Theory of Speciation Transitions in Diffusion Models with General Class Structure
Beatrice Achilli, Marco Benedetti, Giulio Biroli, Marc Mézard
TL;DR
The paper develops a general theory of speciation transitions in diffusion-based generative models for targets with arbitrary class structure by introducing Bayes attribution and a free-entropy criterion. A rigorous speciation time $t_{rs}$ is defined via the balance between the mean free-entropy difference and its fluctuations, yielding large-$N$ Scalings: $t_{rs}\sim \tfrac{1}{2}\log N$ when first moments separate and $t_{rs}\sim \tfrac{1}{4}\log N$ when they do not. The authors apply the framework to two Gaussian-mix scenarios and to multi-class 1D Ising mixtures, deriving analytical expressions (via replica methods for Ising) and validating predictions with numerical U-turn experiments, revealing hierarchical speciation times. The results provide a unified description of speciation transitions in diffusion models, enabling principled prediction of when and how trajectories commit to data classes across high-dimensional settings with diverse class definitions. The approach has broad applicability to diffusion-based generation beyond Gaussian mixtures, including models with complex, higher-order, or collective class features.
Abstract
Diffusion Models generate data by reversing a stochastic diffusion process, progressively transforming noise into structured samples drawn from a target distribution. Recent theoretical work has shown that this backward dynamics can undergo sharp qualitative transitions, known as speciation transitions, during which trajectories become dynamically committed to data classes.
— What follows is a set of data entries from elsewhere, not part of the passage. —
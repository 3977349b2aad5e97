-- ===== src/Merkle/Consistency/Complete.antt =====
-- `verify_consistency` accepts what `consistency_proof` makes.
use native.Mathlib.Nat.{mul_assoc}
use blindrange.Prelude.{
  is_empty, ℕ, zero, suc, ◌+◌, ◌-◌, ◌*◌, ◌/◌, ◌^◌, ◌≤◌, ◌<◌, ◌≡◌, ◌==◌, refl, sym, subst,
  if◌then◌else◌, ap, ap₂, ◌∙◌, List, [], ◌∷◌, ◌++◌, leb, true, false, some, ok, Bool-cases, inl,
  inr, length, take, drop, take_all, arith, two_pow_suc, two_pow_lt, two_pow_add, bit_and,
  bit_length, power_of_two, bit_and-two_pow,
}
use blindrange.Merkle.{Bytes, split, root}
use blindrange.Merkle.Split.{split_lem}
use blindrange.Merkle.Root.{halves}
use blindrange.Merkle.Steps.{bytes_eq_refl}
use blindrange.Merkle.Consistency.{
  rebuild_from, subproof, consistency_proof, verify_consistency, agrees,
}
use blindrange.Merkle.Consistency.Subproof.{subproof-whole, subproof-left, subproof-right}
use blindrange.Merkle.Consistency.Levels.{down, down_ge, down_lt, both_at, step_last}
use blindrange.Merkle.Consistency.AtRoot.{at_root_power, at_root_other}
use blindrange.Merkle.Consistency.Full.{old_path, heads_left, heads_right, full}

module _ (sha256 : Bytes → Bytes) where
  -- A subtree at the right end of the new tree, of the height `h`.
  record Edge (xs : List Bytes) (m : ℕ) : Type 0 where
    h : ℕ
    fits : length xs ≤ 2 ^ h
    tight : 2 ^ h < 2 * length xs
    rebuilds :
        (q : ℕ)
        → rebuild_from sha256 (q * 2 ^ h + m) (q * 2 ^ h + length xs) (old_path sha256 xs m)
          ≡ some (both_at (root sha256 (take m xs)) (root sha256 xs) q q)

  module _ (xs : List Bytes) (m : ℕ) (one : 1 ≤ m) (less : m < length xs) (j : ℕ)
      (sp : split (length xs) ≡ 2 ^ j) (low : 2 ^ j < length xs) (high : length xs ≤ 2 * 2 ^ j)
      (q : ℕ) where
    abbrev k : ℕ
    k = split (length xs)

    abbrev places : ℕ
    places = q * 2 ^ suc j

    abbrev Rebuilt : Type 0
    Rebuilt =
        rebuild_from sha256 (places + m) (places + length xs) (old_path sha256 xs m)
        ≡ some (both_at (root sha256 (take m xs)) (root sha256 xs) q q)

    twice : places ≡ q * (2 * 2 ^ j)
    twice = ap (λ (t : ℕ). q * t) (two_pow_suc j)

    ends_left : leb m k ≡ true → Rebuilt
    ends_left here =
        let new = places + length xs in
        let (l, _, _, _) = halves xs (omega (arith, one, less)) in
        let room : (2 * q + 1) * 2 ^ j < new = omega (arith, twice, low) in
        let above = down_ge j (2 * q + 1) (new - 1) (omega (arith, twice, low)) in
        let below = down_lt j (2 * q + 2) (new - 1) (omega (arith, twice, high, low)) in
        let half : down j (new - 1) / 2 ≡ q = omega (arith, above, below) in
        heads_left sha256 xs m one less (places + m) new q (down j (new - 1)) here
          (full sha256 j (take k xs) m (2 * q) (places + m) new (l ∙ sp) one
            (ground (arith, here, sp)) (λ _. omega arith) (omega (arith, twice)) room)
          (omega (arith, above))
        ∙ ap (λ t. some (both_at (root sha256 (take m xs)) (root sha256 xs) q t)) half

    ends_right : leb m k ≡ false → Edge (drop k xs) (m - k) → Rebuilt
    ends_right there e =
        let past : k < m = ground (arith, there) in
        let (_, len, _, _) = halves xs (omega (arith, one, less)) in
        let short = two_pow_lt e.h (suc j) (omega (arith, e.tight, len, sp, two_pow_suc j, high)) in
        let gap = j - e.h in
        let sum : gap + e.h ≡ j = omega (arith, short) in
        let i = (2 * q + 1) * 2 ^ gap in
        let width : 2 ^ j ≡ 2 ^ gap * 2 ^ e.h =
          ap (λ (t : ℕ). 2 ^ t) (sym sum) ∙ two_pow_add gap e.h in
        let base : (2 * q + 1) * 2 ^ j ≡ i * 2 ^ e.h =
          ap (λ (t : ℕ). (2 * q + 1) * t) width ∙ sym (mul_assoc (2 * q + 1) (2 ^ gap) (2 ^ e.h)) in
        let old : places + m ≡ i * 2 ^ e.h + (m - k) = omega (arith, twice, sp, base, past) in
        let new : places + length xs ≡ i * 2 ^ e.h + length (drop k xs) =
          omega (arith, twice, sp, base, len, low) in
        heads_right sha256 xs m one less (places + m) (places + length xs) q
          (both_at (root sha256 (take (m - k) (drop k xs))) (root sha256 (drop k xs)) i i) q q there
          (ap₂ (λ a b. rebuild_from sha256 a b (old_path sha256 (drop k xs) (m - k))) old new
            ∙ e.rebuilds i)
          (step_last sha256 _ _ (root sha256 (take k xs)) gap q i refl)

  edge : (f : ℕ) (xs : List Bytes) (m : ℕ) → length xs ≤ f → 1 ≤ m → m < length xs → Edge xs m
  edge zero xs m p one less = absurd (omega arith)
  edge (suc f) xs m p one less =
      let (j, sp, low, high) = split_lem (length xs) (omega (arith, one, less)) in
      let (_, len, pos, short) = halves xs (omega (arith, one, less)) in
      let w = two_pow_suc j in
      record {
        h = suc j;
        fits = omega (arith, w, high);
        tight = omega (arith, w, low);
        rebuilds = λ q. elim (Bool-cases (leb m (split (length xs)))) [
          | inl here ↦ ends_left xs m one less j sp low high q here
          | inr there ↦
              let past : split (length xs) < m = ground (arith, there) in
              ends_right xs m one less j sp low high q there (
                edge f (drop (split (length xs)) xs) (m - split (length xs))
                  (omega (arith, len, pos, p)) (omega (arith, past))
                  (omega (arith, len, less, past)))
        ];
      }

  -- Both heads, out of the path that starts with the head of the last full subtree of the old tree.
  pub both_heads :
      (xs : List Bytes) (m : ℕ)
      → 1 ≤ m
      → m < length xs
      → rebuild_from sha256 m (length xs) (old_path sha256 xs m)
        ≡ some (both_at (root sha256 (take m xs)) (root sha256 xs) 0 0)
  both_heads xs m one less =
      let e = edge (length xs) xs m (omega arith) one less in
      let a : 0 * 2 ^ e.h + m ≡ m = omega arith in
      let b : 0 * 2 ^ e.h + length xs ≡ length xs = omega arith in
      sym (ap₂ (λ i n. rebuild_from sha256 i n (old_path sha256 xs m)) a b) ∙ e.rebuilds 0

  joined-not_empty : (xs : List Bytes) (x : Bytes) → is_empty (xs ++ x ∷ []) ≡ false
  joined-not_empty [] x = refl
  joined-not_empty (y ∷ xs) x = refl

  not_empty :
      (xs : List Bytes) (m : ℕ)
      → 1 ≤ m
      → m < length xs
      → is_empty (subproof sha256 xs m true) ≡ false
  not_empty xs m one less = elim (Bool-cases (leb m (split (length xs)))) [
    | inl here ↦ rw (subproof-left sha256 xs m true one less here) (joined-not_empty _ _)
    | inr there ↦ rw (subproof-right sha256 xs m true one less there) (joined-not_empty _ _)
  ]

  -- The path that `verify_consistency` goes up.
  pub path_lem :
      (xs : List Bytes) (m : ℕ)
      → 1 ≤ m
      → m < length xs
      → (let proof = subproof sha256 xs m true in
          if bit_and m (m - 1) == 0 then root sha256 (take m xs) ∷ proof else proof)
        ≡ old_path sha256 xs m
  path_lem xs m one less = elim (Bool-cases (bit_and m (m - 1) == 0)) [
    | inl power ↦
        let i = bit_length m - 1 in
        let e : m ≡ 2 ^ i = power_of_two m (omega (arith, one)) (ground (arith, power)) in
        rw power (
          sym (
            subst
              (λ (t : ℕ).
                old_path sha256 xs t ≡ root sha256 (take t xs) ∷ subproof sha256 xs t true)
              (sym e)
              (at_root_power sha256 (length xs) xs i (omega arith) (omega (arith, e, less)))))
    | inr other ↦ rw other (
        at_root_other sha256 (length xs) xs m (omega arith) one less
          (λ i e. let z = bit_and-two_pow i in let o = rw e at other in ground (arith, z, o)))
  ]

  -- For a tree of at least one leaf that is a prefix of another, consistency_proof returns a proof
  -- that verify_consistency accepts against the heads of both.
  pub consistency_complete :
      (hashes : List Bytes) (m : ℕ)
      → 1 ≤ m
      → m ≤ length hashes
      → (proof : List Bytes) × (consistency_proof sha256 hashes m ≡ ok proof)
        × (verify_consistency sha256 m
              (root sha256 (take m hashes))
              (length hashes)
              (root sha256 hashes)
              proof
            ≡ true)
  unfolding consistency_proof verify_consistency agrees
  consistency_complete hashes m one le = (
    subproof sha256 hashes m true,
    ground (arith, one, le),
    elim (Bool-cases (m == length hashes)) [
      | inl same ↦
          let e : m ≡ length hashes = ground (arith, same) in
          rw (subproof-whole sha256 hashes m true e, take_all m hashes e)
            (ground (arith, e, one, bytes_eq_refl (root sha256 hashes)))
      | inr other ↦
          let less : m < length hashes = ground (arith, other, le) in
          rw
            (
              path_lem hashes m one less,
              both_heads hashes m one less,
              not_empty hashes m one less,
              bytes_eq_refl,
            )
            (ground (arith, one, le, other, bytes_eq_refl (root sha256 hashes)))
    ],
  )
Existing theoretical analyses, however, are limited to settings where classes are identifiable through first moments, such as mixtures of Gaussians with well-separated means. In this work, we develop a general theory of speciation in diffusion models that applies to arbitrary target distributions admitting well-defined classes. We formalize the notion of class structure through Bayes classification and characterize speciation times in terms of free-entropy difference between classes. This criterion recovers known results in previously studied Gaussian-mixture models, while extending to situations in which classes are not distinguishable by first moments and may instead differ through higher-order or collective features. Our framework also accommodates multiple classes and predicts the existence of successive speciation times associated with increasingly fine-grained class commitment. We illustrate the theory on two analytically tractable examples: mixtures of one-dimensional Ising models at different temperatures and mixtures of zero-mean Gaussians with distinct covariance structures. In the Ising case, we obtain explicit expressions for speciation times by mapping the problem onto a random-field Ising model and solving it via the replica method. Our results provide a unified and broadly applicable description of speciation transitions in diffusion-based generative models.